From 1999 to 2001, the golden era of the new, the EU market was integrated in the wholesale electricity. Things were so much simpler then. The incumbent utilities had separated their grid operations from their generation and supply businesses, following the first Internal Electricity Market (IEM) Directive in 1996.
The basic elements enabling competition and allowing trade in power to flourish across the continent were in place. Following 2003’s so-called ‘second package’ we felt that liberalisation would mature and furnish Europe with a stable market framework over the coming years.
Soon things became more complex and, by 2010, it was becoming harder to say that Europe’s wholesale electricity market was stable and strong. So, what do EU policymakers now need to concentrate on in the ‘Clean energy for all Europeans’ Package (CEP), if it is to make a successful contribution to re-establishing European electricity sector liberalisation?
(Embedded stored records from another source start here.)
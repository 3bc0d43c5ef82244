-- ===== src/Tests/Serving.antt =====
-- Requests one after the other, and the life of a connection.
use qt_chatting.Prelude.{
  ◌≤◌, ◌≡◌, refl, sym, ltb, ◌∙◌, eq_iff, arith, ◌⊎◌, String, str_eq, true, false, List, [], ◌∷◌,
  length, inl, inr, Bool-cases,
}
use qt_chatting.Sql.Laws.{User, has_email}
use qt_chatting.Sql.Laws.Unique.{IsUnique}
use qt_chatting.Gate.Connection.{Request, on_read, post_verb}
use qt_chatting.Gate.Connection.Answers.{request_with}
use qt_chatting.Gate.Connection.Life
use qt_chatting.Gate.Connection.Life.{
  Own, Hangs, on_read-IsOver, Run-bounds, reading_done, here, own,
}
use qt_chatting.Gate.Connection.Users.{serve_all, serve_all-IsUnique}
use qt_chatting.Gate.Outside.{Outside, Gate}
use qt_chatting.Gate.Logic.{answer_get_reset_varifycode, answer_reset_passwd, answer_user_register}
use qt_chatting.Gate.Logic.Down.{IsRefused, answers-IsRefused, answers-undefined}
use qt_chatting.Tests.Database.{pool_of_two}
use qt_chatting.Prelude.{some, none, undefined}
use qt_chatting.Gate.Logic.Users
use qt_chatting.Gate.Logic.Users.{IsApart}
use qt_chatting.Tests.Fakes.{mysql, register_fields, outside, laws, bob}
use qt_chatting.Tests.Server.{gate, empty_response}

apart : IsApart outside laws
apart = record {
  bcrypt = λ pwd w. refl;
  redis = λ key w. refl;
  grpc = record { new_stub = λ target w. refl; get_varify_code = λ stub req w. refl };
}

abbrev asked : Request
asked = request_with outside gate "/user_register" 11 "register" empty_response post_verb

pub same_comm : (a b : String) → str_eq a b ≡ str_eq b a
same_comm a b = elim (Bool-cases (str_eq a b)) [
  | inl e ↦ e ∙ sym ((eq_iff b a).1 (sym ((eq_iff a b).0 e)))
  | inr e ↦ elim (Bool-cases (str_eq b a)) [
    | inl f ↦ let g : str_eq a b ≡ true = (eq_iff a b).1 (sym ((eq_iff b a).0 f)) in ground arith
    | inr f ↦ e ∙ sym f
  ]
]

pub only_bob : IsUnique str_eq (bob ∷ [])
unfolding has_email
only_bob = (refl, tt)

-- Two requests to register one user.
serve_all-IsUnique_example :
    (rows : List User) × Users.Users outside laws apart rows
      (serve_all outside laws apart empty_response (asked ∷ asked ∷ []) gate)
    × IsUnique str_eq rows
    × ((e : String) → has_email str_eq e (bob ∷ []) ≡ true → has_email str_eq e rows ≡ true)
serve_all-IsUnique_example =
    serve_all-IsUnique outside laws apart empty_response (asked ∷ asked ∷ []) (bob ∷ []) gate
      same_comm only_bob (record { rows_are = refl; free = omega arith })

-- The request could not be read.
abbrev unread : Life.Life outside
unread =
    let c = Life.start outside gate asked empty_response in
    let after = (on_read outside true c.session).1 in
    record {
      session = after;
      reading = false;
      handling = false;
      writing = ltb 0 (length after.written);
    }

Run-bounds_example :
    (length unread.session.written ≤ 1)
    × (1 ≤ 6)
    × ((unread.session.connection.is_open ≡ false)
        ⊎ Hangs outside unread
        ⊎ ((e : Life.Life outside) × Own outside unread e))
Run-bounds_example = Run-bounds outside gate asked empty_response 1 unread (
    own here (
      reading_done true refl
        (on_read-IsOver outside (Life.start outside gate asked empty_response).session) refl))

-- A database that makes no connection, and a pool that has none.
abbrev down : Outside
down = record outside { mysql = record mysql { init = λ w. (none, w) } }

abbrev down_gate : Gate down
down_gate = record {
  sql_pool = record pool_of_two { pool = [] };
  rpc_pool = gate.rpc_pool;
  world = gate.world;
}

answers-IsRefused_example :
    IsRefused down (answer_get_reset_varifycode down (some register_fields) down_gate) down_gate
    × IsRefused down (answer_reset_passwd down (some register_fields) down_gate) down_gate
    × IsRefused down (answer_user_register down (some register_fields) down_gate) down_gate
answers-IsRefused_example =
    answers-IsRefused down register_fields "ann@example.org" "4711" "4711" down_gate gate.world
      (λ w. (w, refl)) refl (omega arith) refl refl refl refl

-- A database whose server is not there.
abbrev unreachable : Outside
unreachable = record outside { mysql = record mysql { real_connect = λ c t w. (false, w) } }

abbrev unreachable_gate : Gate unreachable
unreachable_gate = record {
  sql_pool = record pool_of_two { pool = [] };
  rpc_pool = gate.rpc_pool;
  world = gate.world;
}

answers-undefined_example :
    ((answer_get_reset_varifycode unreachable (some register_fields) unreachable_gate).0
      ≡ undefined)
    × ((answer_reset_passwd unreachable (some register_fields) unreachable_gate).0 ≡ undefined)
    × ((answer_user_register unreachable (some register_fields) unreachable_gate).0 ≡ undefined)
answers-undefined_example =
    answers-undefined unreachable register_fields "ann@example.org" "4711" "4711" unreachable_gate
      gate.world (λ t w. (7, w, w, refl, refl)) refl (omega arith) refl refl refl refl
Let’s ensure now that this fourth package of IEM legislation helps Europe revert to a truly level playing field in the power market.
The CEP must take a decisive step in remedying distortions caused by artificial privileges enjoyed by renewable electricity generators. Putting an end to priority dispatch, priority grid access and balance responsibility immunity in many member states need not endanger their business model. Any cost disadvantages from which renewable technology suffers as result can be compensated by continued financial support, granted according to auction results.
Second, let’s make the internal market truly European by treating both internal and cross-border transactions equally. Current transmission capacity calculation methodologies make it hard to determine the extent to which Transmission System Operators (TSOs) improperly restrict cross-border access to the market.